What you will do -
Wherever the word "none" appears in a line of the data, that line should be copied.

Dataset content -

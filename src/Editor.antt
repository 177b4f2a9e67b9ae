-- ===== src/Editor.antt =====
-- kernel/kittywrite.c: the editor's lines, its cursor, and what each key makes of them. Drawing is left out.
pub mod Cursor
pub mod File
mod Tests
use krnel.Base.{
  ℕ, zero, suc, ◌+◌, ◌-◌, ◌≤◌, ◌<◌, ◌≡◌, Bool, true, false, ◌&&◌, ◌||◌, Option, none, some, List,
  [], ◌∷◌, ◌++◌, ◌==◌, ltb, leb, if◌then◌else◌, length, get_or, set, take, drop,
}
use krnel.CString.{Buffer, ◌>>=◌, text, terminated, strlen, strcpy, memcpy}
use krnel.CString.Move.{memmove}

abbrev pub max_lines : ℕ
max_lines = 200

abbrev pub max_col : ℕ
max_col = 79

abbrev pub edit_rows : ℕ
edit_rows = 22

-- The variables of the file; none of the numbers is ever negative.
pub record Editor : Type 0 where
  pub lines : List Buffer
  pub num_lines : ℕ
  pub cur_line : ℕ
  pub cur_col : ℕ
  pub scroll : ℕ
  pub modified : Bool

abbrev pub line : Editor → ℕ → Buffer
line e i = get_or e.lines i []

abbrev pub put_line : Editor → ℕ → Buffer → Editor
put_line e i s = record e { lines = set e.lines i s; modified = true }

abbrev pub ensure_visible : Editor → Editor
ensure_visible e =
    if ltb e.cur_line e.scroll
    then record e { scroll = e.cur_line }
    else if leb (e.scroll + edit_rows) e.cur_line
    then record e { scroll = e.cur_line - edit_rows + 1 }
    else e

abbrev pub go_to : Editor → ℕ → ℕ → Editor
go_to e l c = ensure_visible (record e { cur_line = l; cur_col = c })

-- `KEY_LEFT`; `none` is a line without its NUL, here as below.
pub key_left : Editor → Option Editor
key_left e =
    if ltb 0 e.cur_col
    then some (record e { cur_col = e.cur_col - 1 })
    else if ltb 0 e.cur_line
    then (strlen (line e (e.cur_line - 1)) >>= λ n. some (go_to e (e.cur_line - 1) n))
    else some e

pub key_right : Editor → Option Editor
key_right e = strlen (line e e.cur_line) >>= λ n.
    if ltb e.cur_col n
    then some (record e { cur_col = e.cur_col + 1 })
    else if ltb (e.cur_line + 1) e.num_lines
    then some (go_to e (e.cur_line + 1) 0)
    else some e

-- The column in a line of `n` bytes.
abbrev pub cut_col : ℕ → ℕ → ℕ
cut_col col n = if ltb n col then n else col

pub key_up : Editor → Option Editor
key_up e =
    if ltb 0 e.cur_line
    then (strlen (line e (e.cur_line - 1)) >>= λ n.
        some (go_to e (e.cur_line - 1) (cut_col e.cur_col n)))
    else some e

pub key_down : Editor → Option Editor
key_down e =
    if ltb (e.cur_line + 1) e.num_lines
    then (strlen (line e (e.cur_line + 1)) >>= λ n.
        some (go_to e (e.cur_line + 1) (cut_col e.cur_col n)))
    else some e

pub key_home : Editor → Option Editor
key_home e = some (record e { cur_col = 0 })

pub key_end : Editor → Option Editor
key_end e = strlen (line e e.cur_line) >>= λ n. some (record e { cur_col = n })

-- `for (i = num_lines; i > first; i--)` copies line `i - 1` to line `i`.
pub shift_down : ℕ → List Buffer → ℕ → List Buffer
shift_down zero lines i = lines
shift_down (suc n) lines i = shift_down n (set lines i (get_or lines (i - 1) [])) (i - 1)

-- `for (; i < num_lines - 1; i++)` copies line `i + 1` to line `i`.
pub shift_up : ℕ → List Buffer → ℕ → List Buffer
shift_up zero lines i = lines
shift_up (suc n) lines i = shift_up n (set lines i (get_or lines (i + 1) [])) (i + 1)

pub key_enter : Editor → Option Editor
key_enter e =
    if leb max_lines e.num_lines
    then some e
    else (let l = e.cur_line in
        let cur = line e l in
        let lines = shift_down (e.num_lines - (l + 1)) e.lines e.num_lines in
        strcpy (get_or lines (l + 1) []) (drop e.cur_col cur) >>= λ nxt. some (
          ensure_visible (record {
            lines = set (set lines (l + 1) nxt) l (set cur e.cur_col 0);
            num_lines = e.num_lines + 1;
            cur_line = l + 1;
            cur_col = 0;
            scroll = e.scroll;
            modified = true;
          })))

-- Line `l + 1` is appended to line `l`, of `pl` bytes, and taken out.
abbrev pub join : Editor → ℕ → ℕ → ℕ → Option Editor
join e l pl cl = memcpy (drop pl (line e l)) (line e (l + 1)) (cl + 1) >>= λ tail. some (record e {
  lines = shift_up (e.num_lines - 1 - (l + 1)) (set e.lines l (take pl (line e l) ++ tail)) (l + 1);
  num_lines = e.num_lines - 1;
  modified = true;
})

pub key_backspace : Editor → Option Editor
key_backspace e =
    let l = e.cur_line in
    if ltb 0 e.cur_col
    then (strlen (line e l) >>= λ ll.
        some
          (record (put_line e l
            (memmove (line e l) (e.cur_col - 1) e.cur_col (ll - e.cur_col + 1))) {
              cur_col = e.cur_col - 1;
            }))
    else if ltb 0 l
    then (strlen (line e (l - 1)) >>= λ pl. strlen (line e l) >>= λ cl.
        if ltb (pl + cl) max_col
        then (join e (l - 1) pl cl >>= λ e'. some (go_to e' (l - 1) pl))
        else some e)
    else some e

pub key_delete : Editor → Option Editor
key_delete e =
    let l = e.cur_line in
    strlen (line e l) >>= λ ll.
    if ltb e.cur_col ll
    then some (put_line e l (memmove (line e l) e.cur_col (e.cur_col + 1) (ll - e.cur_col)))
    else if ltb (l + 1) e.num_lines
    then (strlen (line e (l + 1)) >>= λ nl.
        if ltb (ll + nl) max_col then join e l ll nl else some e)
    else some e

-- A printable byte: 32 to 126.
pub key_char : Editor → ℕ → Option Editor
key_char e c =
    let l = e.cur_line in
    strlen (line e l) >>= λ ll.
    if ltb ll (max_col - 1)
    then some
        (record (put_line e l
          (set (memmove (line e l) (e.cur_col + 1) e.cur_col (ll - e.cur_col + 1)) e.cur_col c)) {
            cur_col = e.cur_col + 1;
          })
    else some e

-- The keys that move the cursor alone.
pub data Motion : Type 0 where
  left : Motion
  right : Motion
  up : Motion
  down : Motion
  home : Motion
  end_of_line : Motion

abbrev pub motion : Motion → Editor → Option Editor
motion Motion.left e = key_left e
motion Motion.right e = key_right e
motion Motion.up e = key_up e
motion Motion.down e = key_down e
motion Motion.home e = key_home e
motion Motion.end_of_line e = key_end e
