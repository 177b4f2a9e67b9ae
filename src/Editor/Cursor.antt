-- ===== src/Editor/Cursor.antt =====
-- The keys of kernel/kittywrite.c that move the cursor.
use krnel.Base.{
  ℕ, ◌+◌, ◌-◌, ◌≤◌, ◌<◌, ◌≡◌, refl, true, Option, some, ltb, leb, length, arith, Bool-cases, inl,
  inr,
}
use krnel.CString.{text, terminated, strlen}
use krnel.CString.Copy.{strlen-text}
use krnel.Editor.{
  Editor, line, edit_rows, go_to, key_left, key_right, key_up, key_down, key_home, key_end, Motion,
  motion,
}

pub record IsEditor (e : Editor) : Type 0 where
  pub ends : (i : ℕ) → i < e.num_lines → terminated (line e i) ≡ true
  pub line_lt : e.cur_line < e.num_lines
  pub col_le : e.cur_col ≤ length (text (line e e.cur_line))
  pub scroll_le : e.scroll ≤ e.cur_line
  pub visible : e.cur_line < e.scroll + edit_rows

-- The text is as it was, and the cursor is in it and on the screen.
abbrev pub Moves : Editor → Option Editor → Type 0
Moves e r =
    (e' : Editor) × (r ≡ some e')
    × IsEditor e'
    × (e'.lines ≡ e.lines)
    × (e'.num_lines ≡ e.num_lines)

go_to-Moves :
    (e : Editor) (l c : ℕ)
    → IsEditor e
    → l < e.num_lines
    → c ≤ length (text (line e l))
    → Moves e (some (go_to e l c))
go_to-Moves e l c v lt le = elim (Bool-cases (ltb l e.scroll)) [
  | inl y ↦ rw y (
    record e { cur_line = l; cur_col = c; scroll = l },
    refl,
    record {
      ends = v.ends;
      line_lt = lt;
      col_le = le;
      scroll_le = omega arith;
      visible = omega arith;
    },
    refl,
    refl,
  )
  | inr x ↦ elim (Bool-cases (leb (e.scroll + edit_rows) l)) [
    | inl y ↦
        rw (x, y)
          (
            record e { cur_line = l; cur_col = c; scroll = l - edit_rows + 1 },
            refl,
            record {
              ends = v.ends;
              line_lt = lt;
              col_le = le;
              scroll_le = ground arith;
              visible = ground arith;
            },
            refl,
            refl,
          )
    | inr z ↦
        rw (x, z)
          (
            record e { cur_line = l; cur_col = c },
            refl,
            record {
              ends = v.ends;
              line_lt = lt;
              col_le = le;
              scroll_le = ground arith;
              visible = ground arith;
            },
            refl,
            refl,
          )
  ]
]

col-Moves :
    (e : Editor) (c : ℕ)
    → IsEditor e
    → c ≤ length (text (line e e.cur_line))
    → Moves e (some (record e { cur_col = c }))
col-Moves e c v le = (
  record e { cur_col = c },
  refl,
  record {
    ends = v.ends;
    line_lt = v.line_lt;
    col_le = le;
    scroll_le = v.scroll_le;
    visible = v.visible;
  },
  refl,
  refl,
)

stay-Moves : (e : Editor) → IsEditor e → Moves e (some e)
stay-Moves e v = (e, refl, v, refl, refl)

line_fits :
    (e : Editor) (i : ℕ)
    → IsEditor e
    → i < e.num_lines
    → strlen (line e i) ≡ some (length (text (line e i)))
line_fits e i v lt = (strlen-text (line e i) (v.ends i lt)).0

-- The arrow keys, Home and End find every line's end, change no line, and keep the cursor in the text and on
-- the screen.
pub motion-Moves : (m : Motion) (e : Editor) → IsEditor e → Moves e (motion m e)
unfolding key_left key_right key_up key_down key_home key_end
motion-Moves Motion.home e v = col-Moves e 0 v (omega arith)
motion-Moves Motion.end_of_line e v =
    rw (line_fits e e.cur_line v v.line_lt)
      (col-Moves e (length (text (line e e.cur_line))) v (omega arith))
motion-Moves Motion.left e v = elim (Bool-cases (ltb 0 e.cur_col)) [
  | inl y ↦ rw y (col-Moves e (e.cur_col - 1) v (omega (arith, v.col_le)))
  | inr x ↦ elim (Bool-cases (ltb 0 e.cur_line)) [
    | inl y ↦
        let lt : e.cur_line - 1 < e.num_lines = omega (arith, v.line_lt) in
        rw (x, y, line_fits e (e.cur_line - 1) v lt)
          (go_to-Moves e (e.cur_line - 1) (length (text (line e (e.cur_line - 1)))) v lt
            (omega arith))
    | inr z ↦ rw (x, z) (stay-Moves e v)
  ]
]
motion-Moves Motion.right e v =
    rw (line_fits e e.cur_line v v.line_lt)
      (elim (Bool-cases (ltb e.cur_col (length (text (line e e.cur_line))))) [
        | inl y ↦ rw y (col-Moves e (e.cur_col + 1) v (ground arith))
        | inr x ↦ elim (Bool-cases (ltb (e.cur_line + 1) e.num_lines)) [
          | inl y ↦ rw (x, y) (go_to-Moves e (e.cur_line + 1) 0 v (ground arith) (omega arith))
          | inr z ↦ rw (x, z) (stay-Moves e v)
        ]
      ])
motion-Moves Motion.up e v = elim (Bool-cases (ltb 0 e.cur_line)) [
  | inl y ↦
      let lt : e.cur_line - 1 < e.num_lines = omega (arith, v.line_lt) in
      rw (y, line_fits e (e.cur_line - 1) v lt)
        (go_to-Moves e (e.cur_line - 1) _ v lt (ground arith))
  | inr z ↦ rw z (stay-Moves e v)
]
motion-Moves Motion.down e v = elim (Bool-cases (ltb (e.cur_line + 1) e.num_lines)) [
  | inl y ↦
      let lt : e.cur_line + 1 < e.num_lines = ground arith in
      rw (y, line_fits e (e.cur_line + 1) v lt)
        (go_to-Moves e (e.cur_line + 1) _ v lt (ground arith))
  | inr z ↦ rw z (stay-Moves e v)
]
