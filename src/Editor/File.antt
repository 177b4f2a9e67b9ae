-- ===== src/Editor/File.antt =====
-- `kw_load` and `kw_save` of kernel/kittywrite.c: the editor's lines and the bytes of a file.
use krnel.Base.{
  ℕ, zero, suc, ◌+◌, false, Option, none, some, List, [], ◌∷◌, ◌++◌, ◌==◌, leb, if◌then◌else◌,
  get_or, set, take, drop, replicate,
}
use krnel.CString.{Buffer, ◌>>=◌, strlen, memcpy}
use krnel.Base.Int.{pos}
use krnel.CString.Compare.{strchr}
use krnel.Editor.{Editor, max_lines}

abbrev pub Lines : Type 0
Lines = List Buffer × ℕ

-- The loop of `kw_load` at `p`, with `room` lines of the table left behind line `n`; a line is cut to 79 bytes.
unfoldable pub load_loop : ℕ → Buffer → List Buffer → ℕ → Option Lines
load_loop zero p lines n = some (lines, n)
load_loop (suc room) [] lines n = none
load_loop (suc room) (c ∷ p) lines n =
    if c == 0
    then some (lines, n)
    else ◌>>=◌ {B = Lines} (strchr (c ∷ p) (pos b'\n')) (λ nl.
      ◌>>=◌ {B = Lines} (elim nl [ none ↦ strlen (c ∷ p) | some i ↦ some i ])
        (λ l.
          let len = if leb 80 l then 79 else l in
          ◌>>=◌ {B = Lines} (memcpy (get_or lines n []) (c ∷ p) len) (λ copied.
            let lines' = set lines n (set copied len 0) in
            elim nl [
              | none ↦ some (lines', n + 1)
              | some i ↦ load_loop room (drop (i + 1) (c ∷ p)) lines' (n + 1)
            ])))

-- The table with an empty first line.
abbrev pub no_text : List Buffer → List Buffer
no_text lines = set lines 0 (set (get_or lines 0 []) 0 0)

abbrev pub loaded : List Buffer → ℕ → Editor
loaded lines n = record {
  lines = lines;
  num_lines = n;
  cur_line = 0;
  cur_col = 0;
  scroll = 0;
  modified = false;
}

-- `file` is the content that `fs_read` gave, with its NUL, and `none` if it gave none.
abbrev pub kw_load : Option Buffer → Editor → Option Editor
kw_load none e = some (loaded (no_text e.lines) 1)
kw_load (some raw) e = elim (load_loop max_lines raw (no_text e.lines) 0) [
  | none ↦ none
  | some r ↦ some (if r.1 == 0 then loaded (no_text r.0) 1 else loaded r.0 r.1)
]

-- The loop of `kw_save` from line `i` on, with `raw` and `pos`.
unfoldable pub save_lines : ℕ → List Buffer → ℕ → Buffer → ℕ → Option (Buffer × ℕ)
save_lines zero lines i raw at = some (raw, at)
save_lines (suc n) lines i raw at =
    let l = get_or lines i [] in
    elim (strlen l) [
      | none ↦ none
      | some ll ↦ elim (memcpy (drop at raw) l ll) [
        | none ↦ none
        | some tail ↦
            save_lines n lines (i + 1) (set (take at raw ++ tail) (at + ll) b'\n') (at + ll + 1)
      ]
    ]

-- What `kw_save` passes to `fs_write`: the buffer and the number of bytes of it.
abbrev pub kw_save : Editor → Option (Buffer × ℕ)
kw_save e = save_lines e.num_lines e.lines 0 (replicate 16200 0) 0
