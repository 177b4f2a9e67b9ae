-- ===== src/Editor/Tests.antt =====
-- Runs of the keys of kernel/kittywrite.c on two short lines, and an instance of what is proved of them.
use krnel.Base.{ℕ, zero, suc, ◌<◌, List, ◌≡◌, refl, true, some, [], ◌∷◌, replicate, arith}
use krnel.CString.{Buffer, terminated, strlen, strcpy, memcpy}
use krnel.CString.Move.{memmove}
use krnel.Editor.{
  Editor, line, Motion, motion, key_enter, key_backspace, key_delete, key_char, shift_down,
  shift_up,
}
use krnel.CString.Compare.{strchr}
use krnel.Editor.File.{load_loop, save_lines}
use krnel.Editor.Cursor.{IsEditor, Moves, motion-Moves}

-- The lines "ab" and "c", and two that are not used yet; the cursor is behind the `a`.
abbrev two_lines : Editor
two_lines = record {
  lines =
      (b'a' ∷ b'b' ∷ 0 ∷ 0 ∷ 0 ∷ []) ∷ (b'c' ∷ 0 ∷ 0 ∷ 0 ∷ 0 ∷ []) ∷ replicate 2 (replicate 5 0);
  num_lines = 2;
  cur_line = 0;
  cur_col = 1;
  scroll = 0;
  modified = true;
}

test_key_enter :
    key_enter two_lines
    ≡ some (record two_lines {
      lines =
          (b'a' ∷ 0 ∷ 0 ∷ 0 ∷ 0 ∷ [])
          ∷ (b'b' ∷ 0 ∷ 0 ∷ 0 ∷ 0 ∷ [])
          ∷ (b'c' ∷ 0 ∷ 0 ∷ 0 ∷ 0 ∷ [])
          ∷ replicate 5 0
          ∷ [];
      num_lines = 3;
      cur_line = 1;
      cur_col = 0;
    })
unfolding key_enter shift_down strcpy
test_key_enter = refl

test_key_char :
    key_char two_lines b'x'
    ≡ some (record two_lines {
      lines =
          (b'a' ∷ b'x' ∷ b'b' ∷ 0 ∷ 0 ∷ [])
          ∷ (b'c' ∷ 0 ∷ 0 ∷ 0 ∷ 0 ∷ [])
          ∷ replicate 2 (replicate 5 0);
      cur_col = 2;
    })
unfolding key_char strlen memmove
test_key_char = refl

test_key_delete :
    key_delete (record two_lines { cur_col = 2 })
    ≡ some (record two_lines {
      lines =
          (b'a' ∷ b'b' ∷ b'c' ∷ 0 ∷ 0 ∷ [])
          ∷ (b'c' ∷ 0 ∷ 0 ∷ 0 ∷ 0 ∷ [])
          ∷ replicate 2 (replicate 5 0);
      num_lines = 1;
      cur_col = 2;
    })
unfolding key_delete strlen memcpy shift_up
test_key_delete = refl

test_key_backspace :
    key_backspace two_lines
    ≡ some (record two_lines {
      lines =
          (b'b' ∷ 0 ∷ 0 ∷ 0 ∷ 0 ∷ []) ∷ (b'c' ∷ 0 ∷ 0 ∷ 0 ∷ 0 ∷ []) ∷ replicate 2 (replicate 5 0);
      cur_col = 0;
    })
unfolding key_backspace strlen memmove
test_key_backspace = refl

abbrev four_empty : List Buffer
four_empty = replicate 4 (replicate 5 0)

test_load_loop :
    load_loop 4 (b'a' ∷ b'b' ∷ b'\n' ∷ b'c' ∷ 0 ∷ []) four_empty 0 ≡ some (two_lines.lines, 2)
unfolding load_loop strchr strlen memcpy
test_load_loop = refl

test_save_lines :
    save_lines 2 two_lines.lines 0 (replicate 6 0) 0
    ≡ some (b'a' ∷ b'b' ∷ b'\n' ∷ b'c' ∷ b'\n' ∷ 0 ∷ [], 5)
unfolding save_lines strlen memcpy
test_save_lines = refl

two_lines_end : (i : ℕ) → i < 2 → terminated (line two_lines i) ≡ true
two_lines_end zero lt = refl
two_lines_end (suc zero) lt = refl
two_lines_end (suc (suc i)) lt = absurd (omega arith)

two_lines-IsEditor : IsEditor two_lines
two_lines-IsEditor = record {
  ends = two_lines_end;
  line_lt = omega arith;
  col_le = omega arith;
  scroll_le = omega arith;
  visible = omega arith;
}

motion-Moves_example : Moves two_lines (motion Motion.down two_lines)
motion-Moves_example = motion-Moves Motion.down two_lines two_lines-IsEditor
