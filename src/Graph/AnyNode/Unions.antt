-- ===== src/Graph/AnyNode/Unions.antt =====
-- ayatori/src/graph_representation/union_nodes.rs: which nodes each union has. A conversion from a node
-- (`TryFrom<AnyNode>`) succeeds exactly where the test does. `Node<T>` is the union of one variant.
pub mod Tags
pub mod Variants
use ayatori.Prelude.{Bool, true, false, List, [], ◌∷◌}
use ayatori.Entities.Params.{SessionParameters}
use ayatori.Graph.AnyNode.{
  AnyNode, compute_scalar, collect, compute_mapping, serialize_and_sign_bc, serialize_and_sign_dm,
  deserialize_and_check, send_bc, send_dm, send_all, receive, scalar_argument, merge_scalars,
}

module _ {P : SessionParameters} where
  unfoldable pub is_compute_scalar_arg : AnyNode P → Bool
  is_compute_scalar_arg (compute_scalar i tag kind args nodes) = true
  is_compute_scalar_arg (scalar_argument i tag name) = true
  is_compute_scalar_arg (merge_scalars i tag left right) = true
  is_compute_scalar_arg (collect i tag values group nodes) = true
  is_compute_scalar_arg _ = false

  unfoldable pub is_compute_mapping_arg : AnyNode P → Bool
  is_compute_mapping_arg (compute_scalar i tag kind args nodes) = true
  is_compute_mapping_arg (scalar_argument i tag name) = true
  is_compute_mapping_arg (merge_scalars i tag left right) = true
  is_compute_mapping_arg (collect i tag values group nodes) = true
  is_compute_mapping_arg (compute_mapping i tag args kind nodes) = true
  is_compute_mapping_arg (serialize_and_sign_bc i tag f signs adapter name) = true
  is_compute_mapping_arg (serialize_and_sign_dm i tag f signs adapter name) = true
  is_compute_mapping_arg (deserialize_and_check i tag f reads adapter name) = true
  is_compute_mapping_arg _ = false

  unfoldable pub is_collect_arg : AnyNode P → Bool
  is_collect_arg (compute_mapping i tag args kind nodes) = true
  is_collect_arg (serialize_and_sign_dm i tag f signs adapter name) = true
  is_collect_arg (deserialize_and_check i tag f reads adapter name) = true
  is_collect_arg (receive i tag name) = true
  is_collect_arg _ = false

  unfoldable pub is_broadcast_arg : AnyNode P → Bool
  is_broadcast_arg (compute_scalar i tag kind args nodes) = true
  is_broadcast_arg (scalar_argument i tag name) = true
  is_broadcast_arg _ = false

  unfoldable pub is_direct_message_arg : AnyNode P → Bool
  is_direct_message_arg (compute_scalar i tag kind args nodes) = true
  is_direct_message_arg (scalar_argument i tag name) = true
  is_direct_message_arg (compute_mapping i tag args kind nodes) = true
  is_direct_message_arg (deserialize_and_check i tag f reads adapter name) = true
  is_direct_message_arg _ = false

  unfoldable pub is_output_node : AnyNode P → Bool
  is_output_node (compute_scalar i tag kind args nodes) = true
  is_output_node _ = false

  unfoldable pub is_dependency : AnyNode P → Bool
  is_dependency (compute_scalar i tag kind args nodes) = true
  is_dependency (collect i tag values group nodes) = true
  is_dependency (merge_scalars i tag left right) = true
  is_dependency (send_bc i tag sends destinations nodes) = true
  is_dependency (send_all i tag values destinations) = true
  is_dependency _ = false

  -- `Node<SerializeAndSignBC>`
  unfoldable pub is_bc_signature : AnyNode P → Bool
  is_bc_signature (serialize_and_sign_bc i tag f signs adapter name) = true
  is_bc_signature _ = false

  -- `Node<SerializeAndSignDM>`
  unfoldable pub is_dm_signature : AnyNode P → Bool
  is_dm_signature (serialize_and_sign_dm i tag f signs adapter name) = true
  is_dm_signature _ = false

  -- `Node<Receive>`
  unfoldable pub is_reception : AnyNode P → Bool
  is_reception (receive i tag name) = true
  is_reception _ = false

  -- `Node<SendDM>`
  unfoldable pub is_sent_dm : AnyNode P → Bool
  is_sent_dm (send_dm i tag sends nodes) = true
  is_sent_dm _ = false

Response to this exercise -
  ℕ, zero, suc, ◌+◌, ◌-◌, ◌≤◌, ◌<◌, ◌≡◌, Bool, true, false, ◌&&◌, ◌||◌, Option, none, some, List,
-- The variables of the file; none of the numbers is ever negative.
-- `KEY_LEFT`; `none` is a line without its NUL, here as below.
  ℕ, zero, suc, ◌+◌, false, Option, none, some, List, [], ◌∷◌, ◌++◌, ◌==◌, leb, if◌then◌else◌,
load_loop (suc room) [] lines n = none
      ◌>>=◌ {B = Lines} (elim nl [ none ↦ strlen (c ∷ p) | some i ↦ some i ])
              | none ↦ some (lines', n + 1)
-- `file` is the content that `fs_read` gave, with its NUL, and `none` if it gave none.
kw_load none e = some (loaded (no_text e.lines) 1)
  | none ↦ none
      | none ↦ none
        | none ↦ none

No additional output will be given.